Depuis peu, je m’intéresse au débat public notamment celui touchant le processus démocratique en cours au Niger et en Afrique, auquel j’essaie d’y prendre activement part en tant qu’intellectuel engagé.

Pourquoi avoir écrit ce livre et pourquoi maintenant?

J’ai commencé à écrire ce livre il y a quatre (4) ans, mais mes activités de recherches m’ont contraint à suspendre le projet avant de le reprendre l’année dernière. Ce livre, vous l’avez remarqué met en lumière un système politique jugé défaillant du fait de l’incrédulité du personnel politique lui-même. D’un côté, la genèse de ce livre est quelque peu particulière, puisqu’elle met à la charge des animateurs de la vie politique nigérienne pas moins de dix (10) chefs d’accusations. De l’autre, je suppose qu’elle peut être considérée comme un développement logique, puisqu’elle reflète une réalité socio-politique qui requiert de toute urgence des solutions concrètes.

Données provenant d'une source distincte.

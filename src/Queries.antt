-- ===== src/Queries.antt =====
-- The query hooks of the four domains and of the market, frontend/src/domains/*/hooks and
-- frontend/src/shared/hooks.
pub mod Key
pub mod MutualFunds
pub mod Tax
pub mod Equity
pub mod BudgetFilters
pub mod Budget
pub mod Market
pub mod Invalidation
pub mod Decode
pub mod Keyed
pub mod Reads
pub mod Seen
use finance_buddy.Prelude.{Text}
use finance_buddy.Queries.Key.{Query}
use finance_buddy.Store.{AppState}

pub data Hook : Type 0 where
  mutual_funds : MutualFunds.Hook → Hook
  equity : Equity.Hook → Hook
  tax_expert : Tax.Hook → Hook
  budget : Budget.Hook → Hook
  market : Market.Hook → Hook

-- A hook's query in a state of the store.
unfoldable pub query : (Text → Text) → (Text → Text) → AppState → Hook → Query
unfolding MutualFunds.query Equity.query Tax.query Budget.query Market.query
query lower encode s (mutual_funds h) = MutualFunds.query s h
query lower encode s (equity h) = Equity.query encode s h
query lower encode s (tax_expert h) = Tax.query s h
query lower encode s (budget h) = Budget.query lower encode h
query lower encode s (market h) = Market.query h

La pratique politique en cours dans notre pays se fait contre la volonté des Nigériens, qui, pour beaucoup d’entre eux, éprouvent un sentiment de malaise et d’impuissance et ont du mal à comprendre leurs élites dans ce qu’il est convenu d’appeler l’ « entreprise politique ». Pourtant, il fallait de mon point de vue, relever sans ambages, les visions locales étriquées et sans lendemain sur lesquelles se cramponne depuis des années la classe politique nigérienne. Du plus loin que l’on puisse regarder, le Niger a toujours été un terreau de crises politique et institutionnelle, rendant ainsi l’espoir d’un avenir meilleur de plus en plus mitigé. C’est pourquoi, Il va nous falloir prendre la mesure de la situation qui est aujourd'hui celle de la mondialisation qui nous impose des alternatives autres que celles que l’on a pu voir jusque là à l’oeuvre.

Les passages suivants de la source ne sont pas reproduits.